[Start of Attachment]

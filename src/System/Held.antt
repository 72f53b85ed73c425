-- ===== src/System/Held.antt =====
-- A stored payment is not lost, whatever the processes do.
use distributed_payment_pipe.Base.{
  ◌≡◌, refl, List, [], ◌∷◌, ◌++◌, map, Option, none, some, arith, if◌then◌else◌,
}
use distributed_payment_pipe.Base.Int.{pos}
use distributed_payment_pipe.Text.{Text, text_eq}
use distributed_payment_pipe.Errors.{Result}
use distributed_payment_pipe.Domain.{
  Time, State, Transaction, state_validated, state_captured, state_failed,
}
use distributed_payment_pipe.Db.{Db, set_state, insert_outbox}
use distributed_payment_pipe.Store.{SaveReplies, save_with_outbox}
use distributed_payment_pipe.Ledger.{PostReplies, post}
use distributed_payment_pipe.Settlement.{settle_row, persisted}
use distributed_payment_pipe.Kafka.{Publish, DlqMessage}
use distributed_payment_pipe.Outbox.{EventCodec}
use distributed_payment_pipe.Intake.{Packages, Server}
use distributed_payment_pipe.System.Rows.{post_rows, save_with_outbox_rows}
use distributed_payment_pipe.System.Stable.{IsStable}
use distributed_payment_pipe.System.Settled.{tick_keeps}
use distributed_payment_pipe.System.{Event, handle_all}
use distributed_payment_pipe.System.Kept.{handle_all_keeps}

-- The row of a payment but for its state and the time of its last update.
unfoldable pub terms_of : Text → List Transaction → Option Transaction
terms_of p [] = none
terms_of p (r ∷ rows) =
    if text_eq r.payment_id p
    then some (record r { state = []; updated_at = pos 0 })
    else terms_of p rows

terms_of-append :
    (p : Text) (x t : Transaction) (rows : List Transaction)
    → terms_of p rows ≡ some x
    → terms_of p (rows ++ t ∷ []) ≡ some x
unfolding terms_of
terms_of-append p x t [] h = cc
terms_of-append p x t (r ∷ rows) h = ground (arith, terms_of-append p x t rows)

terms_of-set_state :
    (p q : Text) (from to : State) (now : Time) (rows : List Transaction)
    → terms_of p (set_state q from to now rows) ≡ terms_of p rows
unfolding terms_of set_state
terms_of-set_state p q from to now [] = refl
terms_of-set_state p q from to now (r ∷ rows) =
    ground (arith, terms_of-set_state p q from to now rows)

terms_of-settle :
    (p : Text) (ids : List Text) (now : Time) (rows : List Transaction)
    → terms_of p (map (settle_row ids now) rows) ≡ terms_of p rows
unfolding terms_of settle_row
terms_of-settle p ids now [] = refl
terms_of-settle p ids now (r ∷ rows) = ground (arith, terms_of-settle p ids now rows)

terms_of-post :
    (r : PostReplies) (trx : Transaction) (now : Time) (db : Db) (p : Text)
    → terms_of p (post r trx now db).1.transactions ≡ terms_of p db.transactions
terms_of-post r trx now db p = ground (
  arith,
  post_rows r trx now db,
  terms_of-set_state p trx.payment_id state_validated state_captured now db.transactions,
  terms_of-set_state p trx.payment_id state_validated state_failed now db.transactions,
)

terms_of-save_with_outbox :
    (r : SaveReplies) (t : Transaction) (payload : Text) (db : Db) (p : Text) (x : Transaction)
    → terms_of p db.transactions ≡ some x
    → terms_of p (save_with_outbox r t payload db).1.transactions ≡ some x
terms_of-save_with_outbox r t payload db p x h =
    ground (arith, save_with_outbox_rows r t payload db, terms_of-append p x t db.transactions h)

terms_of-IsStable :
    (p : Text) (x : Transaction) → IsStable (λ (db : Db). terms_of p db.transactions ≡ some x)
unfolding persisted insert_outbox
terms_of-IsStable p x = record {
  saved = λ r t payload db fresh h. terms_of-save_with_outbox r t payload db p x h;
  posted = λ r trx now db h. rw (terms_of-post r trx now db p) h;
  ticked =
      tick_keeps (λ (db : Db). terms_of p db.transactions ≡ some x)
        (λ b g settled payout now db new h.
          rw (terms_of-settle p g.payment_ids now db.transactions) h);
  relayed = λ rows db same h. h;
}

module _ {R B : Type 0} (lib : Packages) (server : Server R) (publish : Publish B)
    (marshal : DlqMessage → Result Text) (codec : EventCodec) where
  -- A payment that is in the tables stays there through any sequence of operations of the processes,
  -- each run to its end before the next, with any answers of Redis, Postgres and the broker, and no
  -- column of its row changes but its state and the time of its last update.
  pub terms_of-handle_all :
      (es : List (Event R B)) (db : Db) (p : Text) (x : Transaction)
      → terms_of p db.transactions ≡ some x
      → terms_of p (handle_all lib server publish marshal codec es db).transactions ≡ some x
  terms_of-handle_all es db p x h =
      handle_all_keeps lib server publish marshal codec
        (λ (d : Db). terms_of p d.transactions ≡ some x) (terms_of-IsStable p x) es db h
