-- ===== src/System/Paid/Moves.antt =====
-- Storing and posting payments leaves the sum of the SETTLED ones.
use distributed_payment_pipe.Base.{◌≡◌, refl, false, List, [], ◌∷◌, ◌++◌, arith}
use distributed_payment_pipe.Text.{Text, text_eq, text_eq_iff}
use distributed_payment_pipe.Domain.{
  Time, State, Transaction, state_validated, state_captured, state_failed, state_settled,
}
use distributed_payment_pipe.Db.{Db, set_state}
use distributed_payment_pipe.Ledger.{PostReplies, post}
use distributed_payment_pipe.Settlement.Groups.Sums.{sum_if}
use distributed_payment_pipe.Settlement.Conserved.{settled_sum}
use distributed_payment_pipe.System.Rows.{post_rows}

pub settled_sum-append :
    (a c : Text) (t : Transaction) (rows : List Transaction)
    → t.state ≡ state_validated
    → settled_sum a c (rows ++ t ∷ []) ≡ settled_sum a c rows
unfolding settled_sum sum_if text_eq
settled_sum-append a c t [] h =
    let fresh : text_eq t.state state_settled ≡ false = rw h refl in ground (arith, fresh)
settled_sum-append a c t (r ∷ rows) h = ground (arith, settled_sum-append a c t rows h)

-- A move between two other states.
settled_sum-set_state :
    (a c p : Text) (from to : State) (now : Time) (rows : List Transaction)
    → text_eq from state_settled ≡ false
    → text_eq to state_settled ≡ false
    → settled_sum a c (set_state p from to now rows) ≡ settled_sum a c rows
unfolding settled_sum sum_if set_state
settled_sum-set_state a c p from to now [] h k = refl
settled_sum-set_state a c p from to now (r ∷ rows) h k =
    ground (arith, text_eq_iff r.state from, settled_sum-set_state a c p from to now rows h k)

pub settled_sum-post :
    (r : PostReplies) (trx : Transaction) (now : Time) (db : Db) (a c : Text)
    → settled_sum a c (post r trx now db).1.transactions ≡ settled_sum a c db.transactions
unfolding text_eq
settled_sum-post r trx now db a c =
    let move = λ (to : State) (h : text_eq to state_settled ≡ false).
      settled_sum-set_state a c trx.payment_id state_validated to now db.transactions refl h in
    ground (arith, post_rows r trx now db, move state_captured refl, move state_failed refl)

[End of Attachment]

### Problem
Repeat, character for character, the lines of the material above from the line with "db).transactions ≡ some x" through the line with "(λ (d : Db). terms_of".

### Output of the exercise
      → terms_of p (handle_all lib server publish marshal codec es db).transactions ≡ some x
  terms_of-handle_all es db p x h =
      handle_all_keeps lib server publish marshal codec
        (λ (d : Db). terms_of p d.transactions ≡ some x) (terms_of-IsStable p x) es db h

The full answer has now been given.